The problem |
Reproduce the listing below precisely, leaving every line intact.
[Record extracts — start]
-- ===== src/Service/Generated.antt =====
-- The service with the generator of genpolicy.rs.
use policy_templates.Prelude.{ℕ, ◌≡◌, sym, ap, ◌∙◌, Bytes, Bool, Option, some, ok}
use policy_templates.External.{External}
use policy_templates.OwnerStore.{Storage}
use policy_templates.OwnerStore.Table.{Db}
use policy_templates.Policy.{
  SigningKeyMaterial, SignRequest, SignedPolicyArtifact, GenpolicyInvocation,
}
use policy_templates.Policy.Inputs.{Json}
use policy_templates.Genpolicy.Shape.{Floats}
use policy_templates.Genpolicy.Normalize.Mounts.{Printer}
use policy_templates.Genpolicy.Settings.{Host}
use policy_templates.Genpolicy.Run.{GenpolicyConfig, run_with_log_encryption}
use policy_templates.Genpolicy.Ran.{Ran, run_with_log_encryption-Ran}
use policy_templates.Service.{sign_policy}
use policy_templates.Service.Signing.{Issued, sign_policy-Issued}

module _ {Value : Type 0} (x : External) (f : Floats) (printer : Printer)
    (env : Bytes → Option Bytes) (is_utf8 : Bytes → Bool) (h : Host) (config : GenpolicyConfig)
    (disk : h.Disk) (json : Json Value) (template : Bytes) where
  -- What an artifact says of the run that generated its policy.
  pub record Generated (key : SigningKeyMaterial) (works : Storage) (db : Db) (req : SignRequest)
      (now : ℕ) (a : SignedPolicyArtifact Value) : Type 1 where
    pub issued :
        Issued x json template
          (run_with_log_encryption x f printer env is_utf8 h config disk)
          key
          works
          db
          req
          now
          a
    pub ran :
        Ran x f printer env is_utf8 h config disk issued.inputs.descriptor req.log_encryption
          issued.generated
    pub policy_text : a.agent_policy_text ≡ issued.generated.policy_text
    pub expected :
        issued.inputs.descriptor.expected_agent_policy_hash ≡ x.sha256 a.agent_policy_text
    pub pin : a.metadata.genpolicy_version_pin ≡ config.version_pin

  -- If the service, with the generator of genpolicy.rs, answers a request with an artifact, then the
  -- generator ran on the manifest of the signed descriptor with the log encryption of the request; the
  -- policy in the artifact is its output, corrected and normalised, and has the hash that the signed
  -- descriptor expects; and the artifact names the configured version of the generator.
  pub sign_policy-Generated :
      (material : Option SigningKeyMaterial) (works : Storage) (enabled : Bool) (db : Db)
      (req : SignRequest) (now : ℕ) (a : SignedPolicyArtifact Value)
      → sign_policy x json template
          (run_with_log_encryption x f printer env is_utf8 h config disk)
          material
          works
          enabled
          db
          req
          now
        ≡ ok a
      → (key : SigningKeyMaterial) × (material ≡ some key) × Generated key works db req now a
  sign_policy-Generated material works enabled db req now a e =
      let generate = run_with_log_encryption x f printer env is_utf8 h config disk in
      let (key, ek, i) =
        sign_policy-Issued x json template generate material works enabled db req now a e in
      let ran =
        run_with_log_encryption-Ran x f printer env is_utf8 h config disk i.inputs.descriptor
          req.log_encryption i.generated i.policy in
      let text_is : a.agent_policy_text ≡ i.generated.policy_text =
        ap (λ (b : SignedPolicyArtifact Value). b.agent_policy_text) i.approved.artifact in
      (
        key,
        ek,
        record {
          issued = i;
          ran = ran;
          policy_text = text_is;
          expected = i.approved.agent_hash ∙ ap x.sha256 (sym text_is);
          pin =
              ap (λ (b : SignedPolicyArtifact Value). b.metadata.genpolicy_version_pin)
                i.approved.artifact
              ∙ ap (λ (v : GenpolicyInvocation). v.version_pin) ran.invocation;
        },
      )
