-- ===== src/Examples/Toy.antt =====
-- A concrete instance of the external operations, which satisfies all their laws: for the examples.
use policy_templates.Prelude.{
  ℕ, zero, suc, ◌+◌, All, ◌%◌, ◌<◌, arith, Bytes, ◌==◌, ==_refl, refl, true, Option, some, none, [],
  ◌∷◌,
}
use policy_templates.External.{External, KeyLaws, TextLaws, HashLaw, ByteLaw}

abbrev total : Bytes → ℕ
total [] = 0
total (b ∷ bytes) = b + total bytes

abbrev pub zeros : ℕ → Bytes
zeros zero = []
zeros (suc n) = 0 ∷ zeros n

-- A digest of 32 numbers: the sum of the bytes, and zeros.
abbrev digest : Bytes → Bytes
digest bytes = (total bytes % 256) ∷ zeros 31

-- A signature of 64 numbers that shows the key and the message.
abbrev mark : Bytes → Bytes → Bytes
mark key message = (total key + total message) ∷ zeros 63

abbrev read_stamp : Bytes → Option ℕ
read_stamp (t ∷ []) = some t
read_stamp _ = none

abbrev pub toy : External
toy = record {
  sha256 = digest;
  valid_key = λ key. true;
  verify = λ key message signature. signature == mark key message;
  verifying_key = digest;
  sign = λ seed message. mark (digest seed) message;
  hex_encode = λ b. b;
  hex_decode = some;
  b64_encode = λ b. b;
  b64_decode = some;
  uuid_to_string = λ u. u;
  uuid_parse = some;
  to_rfc3339 = λ t. t ∷ [];
  parse_rfc3339 = read_stamp;
}

pub toy-KeyLaws : KeyLaws toy
toy-KeyLaws = record {
  verify-sign = λ seed message. ==_refl (mark (digest seed) message);
  length-verifying_key = λ seed. refl;
  length-sign = λ seed message. refl;
}

pub toy-TextLaws : TextLaws toy
toy-TextLaws = record {
  hex_decode-hex_encode = λ b. refl;
  uuid_parse-uuid_to_string = λ u. refl;
  parse_rfc3339-to_rfc3339 = λ t. refl;
}

pub toy-HashLaw : HashLaw toy
toy-HashLaw b = refl

zeros-bytes : (n : ℕ) → All (λ b. b < 256) (zeros n)
zeros-bytes zero = tt
zeros-bytes (suc n) = (omega arith, zeros-bytes n)

pub toy-ByteLaw : ByteLaw toy
toy-ByteLaw b = (omega arith, zeros-bytes 31)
[Record extracts — finish]
Task output |
-- ===== src/Service/Generated.antt =====
-- The service with the generator of genpolicy.rs.
use policy_templates.Prelude.{ℕ, ◌≡◌, sym, ap, ◌∙◌, Bytes, Bool, Option, some, ok}
use policy_templates.External.{External}
use policy_templates.OwnerStore.{Storage}
use policy_templates.OwnerStore.Table.{Db}
use policy_templates.Policy.{
  SigningKeyMaterial, SignRequest, SignedPolicyArtifact, GenpolicyInvocation,
}
use policy_templates.Policy.Inputs.{Json}
use policy_templates.Genpolicy.Shape.{Floats}
use policy_templates.Genpolicy.Normalize.Mounts.{Printer}
use policy_templates.Genpolicy.Settings.{Host}
use policy_templates.Genpolicy.Run.{GenpolicyConfig, run_with_log_encryption}
use policy_templates.Genpolicy.Ran.{Ran, run_with_log_encryption-Ran}
use policy_templates.Service.{sign_policy}
use policy_templates.Service.Signing.{Issued, sign_policy-Issued}

module _ {Value : Type 0} (x : External) (f : Floats) (printer : Printer)
    (env : Bytes → Option Bytes) (is_utf8 : Bytes → Bool) (h : Host) (config : GenpolicyConfig)
    (disk : h.Disk) (json : Json Value) (template : Bytes) where
  -- What an artifact says of the run that generated its policy.
  pub record Generated (key : SigningKeyMaterial) (works : Storage) (db : Db) (req : SignRequest)
      (now : ℕ) (a : SignedPolicyArtifact Value) : Type 1 where
    pub issued :
        Issued x json template
          (run_with_log_encryption x f printer env is_utf8 h config disk)
          key
          works
          db
          req
          now
          a
    pub ran :
        Ran x f printer env is_utf8 h config disk issued.inputs.descriptor req.log_encryption
          issued.generated
    pub policy_text : a.agent_policy_text ≡ issued.generated.policy_text
    pub expected :
        issued.inputs.descriptor.expected_agent_policy_hash ≡ x.sha256 a.agent_policy_text
    pub pin : a.metadata.genpolicy_version_pin ≡ config.version_pin

  -- If the service, with the generator of genpolicy.rs, answers a request with an artifact, then the
  -- generator ran on the manifest of the signed descriptor with the log encryption of the request; the
  -- policy in the artifact is its output, corrected and normalised, and has the hash that the signed
  -- descriptor expects; and the artifact names the configured version of the generator.
  pub sign_policy-Generated :
      (material : Option SigningKeyMaterial) (works : Storage) (enabled : Bool) (db : Db)
      (req : SignRequest) (now : ℕ) (a : SignedPolicyArtifact Value)
      → sign_policy x json template
          (run_with_log_encryption x f printer env is_utf8 h config disk)
          material
          works
          enabled
          db
          req
          now
        ≡ ok a
      → (key : SigningKeyMaterial) × (material ≡ some key) × Generated key works db req now a
  sign_policy-Generated material works enabled db req now a e =
      let generate = run_with_log_encryption x f printer env is_utf8 h config disk in
      let (key, ek, i) =
        sign_policy-Issued x json template generate material works enabled db req now a e in
      let ran =
        run_with_log_encryption-Ran x f printer env is_utf8 h config disk i.inputs.descriptor
          req.log_encryption i.generated i.policy in
      let text_is : a.agent_policy_text ≡ i.generated.policy_text =
        ap (λ (b : SignedPolicyArtifact Value). b.agent_policy_text) i.approved.artifact in
      (
        key,
        ek,
        record {
          issued = i;
          ran = ran;
          policy_text = text_is;
          expected = i.approved.agent_hash ∙ ap x.sha256 (sym text_is);
          pin =
              ap (λ (b : SignedPolicyArtifact Value). b.metadata.genpolicy_version_pin)
                i.approved.artifact
              ∙ ap (λ (v : GenpolicyInvocation). v.version_pin) ran.invocation;
        },
      )
-- ===== src/Examples/Toy.antt =====
-- A concrete instance of the external operations, which satisfies all their laws: for the examples.
use policy_templates.Prelude.{
  ℕ, zero, suc, ◌+◌, All, ◌%◌, ◌<◌, arith, Bytes, ◌==◌, ==_refl, refl, true, Option, some, none, [],
  ◌∷◌,
}
use policy_templates.External.{External, KeyLaws, TextLaws, HashLaw, ByteLaw}

abbrev total : Bytes → ℕ
total [] = 0
total (b ∷ bytes) = b + total bytes

abbrev pub zeros : ℕ → Bytes
zeros zero = []
zeros (suc n) = 0 ∷ zeros n

-- A digest of 32 numbers: the sum of the bytes, and zeros.
abbrev digest : Bytes → Bytes
digest bytes = (total bytes % 256) ∷ zeros 31

-- A signature of 64 numbers that shows the key and the message.
abbrev mark : Bytes → Bytes → Bytes
mark key message = (total key + total message) ∷ zeros 63

abbrev read_stamp : Bytes → Option ℕ
read_stamp (t ∷ []) = some t
read_stamp _ = none

abbrev pub toy : External
toy = record {
  sha256 = digest;
  valid_key = λ key. true;
  verify = λ key message signature. signature == mark key message;
  verifying_key = digest;
  sign = λ seed message. mark (digest seed) message;
  hex_encode = λ b. b;
  hex_decode = some;
  b64_encode = λ b. b;
  b64_decode = some;
  uuid_to_string = λ u. u;
  uuid_parse = some;
  to_rfc3339 = λ t. t ∷ [];
  parse_rfc3339 = read_stamp;
}

pub toy-KeyLaws : KeyLaws toy
toy-KeyLaws = record {
  verify-sign = λ seed message. ==_refl (mark (digest seed) message);
  length-verifying_key = λ seed. refl;
  length-sign = λ seed message. refl;
}

pub toy-TextLaws : TextLaws toy
toy-TextLaws = record {
  hex_decode-hex_encode = λ b. refl;
  uuid_parse-uuid_to_string = λ u. refl;
  parse_rfc3339-to_rfc3339 = λ t. refl;
}

pub toy-HashLaw : HashLaw toy
toy-HashLaw b = refl

zeros-bytes : (n : ℕ) → All (λ b. b < 256) (zeros n)
zeros-bytes zero = tt
zeros-bytes (suc n) = (omega arith, zeros-bytes n)

pub toy-ByteLaw : ByteLaw toy
toy-ByteLaw b = (omega arith, zeros-bytes 31)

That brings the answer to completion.